Start of Dataset records

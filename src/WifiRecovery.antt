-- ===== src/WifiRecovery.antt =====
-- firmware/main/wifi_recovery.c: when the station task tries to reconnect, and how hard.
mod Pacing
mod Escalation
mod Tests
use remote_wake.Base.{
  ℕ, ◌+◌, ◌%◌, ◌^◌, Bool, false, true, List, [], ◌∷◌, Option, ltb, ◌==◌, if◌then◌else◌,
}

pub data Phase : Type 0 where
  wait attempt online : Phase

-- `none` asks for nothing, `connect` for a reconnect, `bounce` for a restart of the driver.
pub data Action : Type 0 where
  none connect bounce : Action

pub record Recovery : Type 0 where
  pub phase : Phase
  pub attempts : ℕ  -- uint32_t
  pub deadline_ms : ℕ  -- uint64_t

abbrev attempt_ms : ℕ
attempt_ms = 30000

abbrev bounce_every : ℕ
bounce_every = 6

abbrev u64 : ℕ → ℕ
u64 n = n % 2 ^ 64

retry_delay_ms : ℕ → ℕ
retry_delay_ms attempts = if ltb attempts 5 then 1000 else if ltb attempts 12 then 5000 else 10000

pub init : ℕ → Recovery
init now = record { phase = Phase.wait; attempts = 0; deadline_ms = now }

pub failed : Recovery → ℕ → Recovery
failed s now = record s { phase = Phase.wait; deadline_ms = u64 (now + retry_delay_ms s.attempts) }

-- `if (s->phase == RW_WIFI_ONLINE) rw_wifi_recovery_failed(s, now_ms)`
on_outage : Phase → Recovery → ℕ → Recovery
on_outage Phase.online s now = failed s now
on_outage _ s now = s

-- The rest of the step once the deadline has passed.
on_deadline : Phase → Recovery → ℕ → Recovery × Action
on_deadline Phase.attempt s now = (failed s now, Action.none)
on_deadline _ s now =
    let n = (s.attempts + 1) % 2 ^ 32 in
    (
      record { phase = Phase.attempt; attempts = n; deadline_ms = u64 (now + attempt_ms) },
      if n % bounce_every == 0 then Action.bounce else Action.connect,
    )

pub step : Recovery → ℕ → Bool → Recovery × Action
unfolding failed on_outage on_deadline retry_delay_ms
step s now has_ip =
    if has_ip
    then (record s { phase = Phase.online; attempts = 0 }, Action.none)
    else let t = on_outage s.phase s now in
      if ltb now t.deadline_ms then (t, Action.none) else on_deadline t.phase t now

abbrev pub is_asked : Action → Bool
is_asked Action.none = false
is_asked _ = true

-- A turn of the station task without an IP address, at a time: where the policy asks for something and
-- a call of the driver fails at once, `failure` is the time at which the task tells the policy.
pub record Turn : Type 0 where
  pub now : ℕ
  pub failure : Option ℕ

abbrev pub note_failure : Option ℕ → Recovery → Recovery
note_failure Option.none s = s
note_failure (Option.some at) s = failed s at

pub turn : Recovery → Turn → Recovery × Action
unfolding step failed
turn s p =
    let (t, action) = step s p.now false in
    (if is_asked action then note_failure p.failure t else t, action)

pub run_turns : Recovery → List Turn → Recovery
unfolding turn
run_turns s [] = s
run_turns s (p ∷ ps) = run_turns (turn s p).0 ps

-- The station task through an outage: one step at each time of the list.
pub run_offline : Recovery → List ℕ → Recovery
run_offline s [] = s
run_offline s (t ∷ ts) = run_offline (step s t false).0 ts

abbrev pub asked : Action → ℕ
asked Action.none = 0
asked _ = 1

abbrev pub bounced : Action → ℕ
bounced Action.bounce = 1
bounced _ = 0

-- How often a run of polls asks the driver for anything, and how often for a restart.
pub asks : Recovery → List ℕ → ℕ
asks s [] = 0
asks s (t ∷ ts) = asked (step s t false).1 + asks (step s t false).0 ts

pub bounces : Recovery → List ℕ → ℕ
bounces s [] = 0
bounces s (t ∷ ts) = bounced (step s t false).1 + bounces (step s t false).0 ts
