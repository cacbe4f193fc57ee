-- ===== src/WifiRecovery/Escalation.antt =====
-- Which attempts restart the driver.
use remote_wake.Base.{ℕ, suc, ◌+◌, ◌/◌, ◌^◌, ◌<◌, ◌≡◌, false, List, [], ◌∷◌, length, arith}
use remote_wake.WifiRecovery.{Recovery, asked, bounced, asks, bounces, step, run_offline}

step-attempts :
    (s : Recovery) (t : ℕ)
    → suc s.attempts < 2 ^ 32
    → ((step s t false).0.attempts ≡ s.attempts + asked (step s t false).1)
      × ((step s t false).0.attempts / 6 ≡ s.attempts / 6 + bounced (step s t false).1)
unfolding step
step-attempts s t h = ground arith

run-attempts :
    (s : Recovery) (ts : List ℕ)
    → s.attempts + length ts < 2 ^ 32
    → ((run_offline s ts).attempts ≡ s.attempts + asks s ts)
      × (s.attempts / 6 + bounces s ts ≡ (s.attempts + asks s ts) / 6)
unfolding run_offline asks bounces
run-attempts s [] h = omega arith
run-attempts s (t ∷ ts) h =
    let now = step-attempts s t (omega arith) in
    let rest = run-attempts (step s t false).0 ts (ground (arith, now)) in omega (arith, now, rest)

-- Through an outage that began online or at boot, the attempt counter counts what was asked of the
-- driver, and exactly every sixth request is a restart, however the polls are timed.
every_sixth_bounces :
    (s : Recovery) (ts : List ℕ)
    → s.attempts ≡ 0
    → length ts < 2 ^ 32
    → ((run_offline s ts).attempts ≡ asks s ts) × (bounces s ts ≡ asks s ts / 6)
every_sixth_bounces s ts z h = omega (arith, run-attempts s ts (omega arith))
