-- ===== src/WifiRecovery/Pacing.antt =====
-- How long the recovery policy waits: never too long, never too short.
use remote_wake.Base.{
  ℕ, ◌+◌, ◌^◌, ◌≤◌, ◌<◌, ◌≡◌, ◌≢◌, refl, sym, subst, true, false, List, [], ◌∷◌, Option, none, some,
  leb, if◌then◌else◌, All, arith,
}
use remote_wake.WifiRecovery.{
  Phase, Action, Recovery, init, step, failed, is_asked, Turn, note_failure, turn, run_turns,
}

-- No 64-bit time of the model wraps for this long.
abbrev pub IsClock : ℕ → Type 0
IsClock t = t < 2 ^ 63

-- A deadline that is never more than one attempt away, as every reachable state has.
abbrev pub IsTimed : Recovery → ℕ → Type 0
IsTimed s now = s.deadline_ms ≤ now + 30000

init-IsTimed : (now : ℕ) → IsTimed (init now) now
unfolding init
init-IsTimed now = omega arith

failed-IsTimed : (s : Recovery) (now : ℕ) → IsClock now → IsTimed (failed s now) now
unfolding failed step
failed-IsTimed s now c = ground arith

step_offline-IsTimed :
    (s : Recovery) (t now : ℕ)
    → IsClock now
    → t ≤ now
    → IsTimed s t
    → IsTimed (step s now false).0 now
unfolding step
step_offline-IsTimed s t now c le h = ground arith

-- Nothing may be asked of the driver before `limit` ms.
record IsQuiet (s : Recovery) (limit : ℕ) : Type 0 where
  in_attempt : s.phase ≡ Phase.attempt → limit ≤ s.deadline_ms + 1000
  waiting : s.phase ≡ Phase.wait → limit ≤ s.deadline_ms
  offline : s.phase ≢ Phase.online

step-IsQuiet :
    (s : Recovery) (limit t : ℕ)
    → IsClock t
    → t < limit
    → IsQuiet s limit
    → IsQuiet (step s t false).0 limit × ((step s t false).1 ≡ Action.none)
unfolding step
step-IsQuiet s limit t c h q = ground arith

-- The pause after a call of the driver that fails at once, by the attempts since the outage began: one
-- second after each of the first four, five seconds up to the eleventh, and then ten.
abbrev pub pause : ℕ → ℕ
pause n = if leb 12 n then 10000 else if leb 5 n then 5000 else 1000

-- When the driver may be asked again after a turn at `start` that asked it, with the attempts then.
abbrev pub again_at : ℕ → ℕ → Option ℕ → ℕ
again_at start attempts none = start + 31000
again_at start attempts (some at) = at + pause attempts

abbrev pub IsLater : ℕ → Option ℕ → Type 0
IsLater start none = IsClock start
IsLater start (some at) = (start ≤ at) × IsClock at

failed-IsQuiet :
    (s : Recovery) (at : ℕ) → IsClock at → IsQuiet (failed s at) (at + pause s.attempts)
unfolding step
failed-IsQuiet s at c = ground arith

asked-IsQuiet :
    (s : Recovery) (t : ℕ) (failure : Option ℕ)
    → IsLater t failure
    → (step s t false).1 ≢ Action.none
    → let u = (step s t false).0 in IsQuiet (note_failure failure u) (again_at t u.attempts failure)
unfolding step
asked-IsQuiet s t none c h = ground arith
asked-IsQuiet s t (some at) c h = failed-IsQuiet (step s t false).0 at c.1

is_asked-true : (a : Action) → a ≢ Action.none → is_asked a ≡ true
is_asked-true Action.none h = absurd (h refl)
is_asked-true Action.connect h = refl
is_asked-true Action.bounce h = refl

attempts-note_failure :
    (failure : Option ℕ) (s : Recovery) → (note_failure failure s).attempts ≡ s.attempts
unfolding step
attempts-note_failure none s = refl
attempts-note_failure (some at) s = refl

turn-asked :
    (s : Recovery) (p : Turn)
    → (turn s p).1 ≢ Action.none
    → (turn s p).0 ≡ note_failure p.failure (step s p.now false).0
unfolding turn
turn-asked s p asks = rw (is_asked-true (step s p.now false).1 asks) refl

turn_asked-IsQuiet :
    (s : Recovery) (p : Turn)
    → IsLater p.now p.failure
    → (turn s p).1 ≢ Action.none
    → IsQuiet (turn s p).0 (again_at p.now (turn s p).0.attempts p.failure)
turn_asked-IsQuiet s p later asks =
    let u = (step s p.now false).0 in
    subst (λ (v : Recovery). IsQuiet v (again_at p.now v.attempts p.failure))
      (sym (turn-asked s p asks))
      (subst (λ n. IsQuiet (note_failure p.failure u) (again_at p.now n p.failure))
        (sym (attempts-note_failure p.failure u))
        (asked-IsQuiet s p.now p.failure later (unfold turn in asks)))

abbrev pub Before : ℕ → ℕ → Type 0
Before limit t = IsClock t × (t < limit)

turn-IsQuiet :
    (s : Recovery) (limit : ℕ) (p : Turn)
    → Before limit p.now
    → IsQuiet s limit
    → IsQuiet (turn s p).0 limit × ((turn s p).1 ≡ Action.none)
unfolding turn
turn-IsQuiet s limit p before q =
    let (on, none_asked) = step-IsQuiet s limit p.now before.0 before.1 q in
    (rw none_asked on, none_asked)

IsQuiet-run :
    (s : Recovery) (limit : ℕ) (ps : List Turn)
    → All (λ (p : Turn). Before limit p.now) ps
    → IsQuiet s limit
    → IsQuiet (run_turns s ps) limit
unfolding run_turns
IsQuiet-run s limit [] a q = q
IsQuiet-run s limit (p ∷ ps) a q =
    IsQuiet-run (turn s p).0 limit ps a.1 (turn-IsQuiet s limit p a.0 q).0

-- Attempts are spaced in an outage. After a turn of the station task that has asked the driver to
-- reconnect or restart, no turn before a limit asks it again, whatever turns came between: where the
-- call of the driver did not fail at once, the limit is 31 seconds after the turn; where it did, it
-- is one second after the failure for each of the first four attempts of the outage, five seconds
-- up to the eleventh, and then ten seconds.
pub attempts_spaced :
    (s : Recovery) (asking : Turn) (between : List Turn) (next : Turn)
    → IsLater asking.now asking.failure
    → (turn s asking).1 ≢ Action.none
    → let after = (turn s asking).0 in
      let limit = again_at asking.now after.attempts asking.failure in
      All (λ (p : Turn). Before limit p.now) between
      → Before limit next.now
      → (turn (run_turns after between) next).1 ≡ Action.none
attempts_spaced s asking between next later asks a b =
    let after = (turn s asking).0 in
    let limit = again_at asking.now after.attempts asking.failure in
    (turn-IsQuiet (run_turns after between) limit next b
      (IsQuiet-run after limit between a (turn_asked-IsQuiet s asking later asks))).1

End of Dataset records
Start of Dataset records

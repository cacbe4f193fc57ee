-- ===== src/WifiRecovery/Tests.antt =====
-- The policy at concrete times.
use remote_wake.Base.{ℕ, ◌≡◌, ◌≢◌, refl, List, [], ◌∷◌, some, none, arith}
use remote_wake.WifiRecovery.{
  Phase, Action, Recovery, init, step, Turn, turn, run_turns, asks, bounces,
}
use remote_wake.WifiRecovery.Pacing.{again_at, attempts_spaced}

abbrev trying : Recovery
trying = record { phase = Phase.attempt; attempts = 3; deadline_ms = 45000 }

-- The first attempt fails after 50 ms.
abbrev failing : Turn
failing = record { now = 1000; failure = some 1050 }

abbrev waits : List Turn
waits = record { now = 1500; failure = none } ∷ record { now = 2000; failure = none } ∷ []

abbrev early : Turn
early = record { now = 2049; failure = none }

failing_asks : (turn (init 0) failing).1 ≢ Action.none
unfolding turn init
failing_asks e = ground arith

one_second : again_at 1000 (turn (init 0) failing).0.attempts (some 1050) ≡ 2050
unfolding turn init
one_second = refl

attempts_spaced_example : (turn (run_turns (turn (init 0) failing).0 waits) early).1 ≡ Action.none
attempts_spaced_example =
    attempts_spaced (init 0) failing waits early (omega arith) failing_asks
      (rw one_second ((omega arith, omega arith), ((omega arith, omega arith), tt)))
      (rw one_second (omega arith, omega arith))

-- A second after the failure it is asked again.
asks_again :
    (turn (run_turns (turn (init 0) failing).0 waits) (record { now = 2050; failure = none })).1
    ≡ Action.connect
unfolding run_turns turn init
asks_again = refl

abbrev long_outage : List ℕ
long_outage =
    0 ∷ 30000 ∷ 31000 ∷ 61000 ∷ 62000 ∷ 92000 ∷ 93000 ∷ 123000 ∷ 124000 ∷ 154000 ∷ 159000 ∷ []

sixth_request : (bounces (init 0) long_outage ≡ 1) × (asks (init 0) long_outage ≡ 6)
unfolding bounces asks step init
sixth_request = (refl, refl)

End of Dataset records

Only the lines above from the line containing "IsLater start none = IsClock start" through the line containing "false).1 ≢ Action.none" should be retyped, exactly and with both ends included.

IsLater start none = IsClock start
IsLater start (some at) = (start ≤ at) × IsClock at

failed-IsQuiet :
    (s : Recovery) (at : ℕ) → IsClock at → IsQuiet (failed s at) (at + pause s.attempts)
unfolding step
failed-IsQuiet s at c = ground arith

asked-IsQuiet :
    (s : Recovery) (t : ℕ) (failure : Option ℕ)
    → IsLater t failure
    → (step s t false).1 ≢ Action.none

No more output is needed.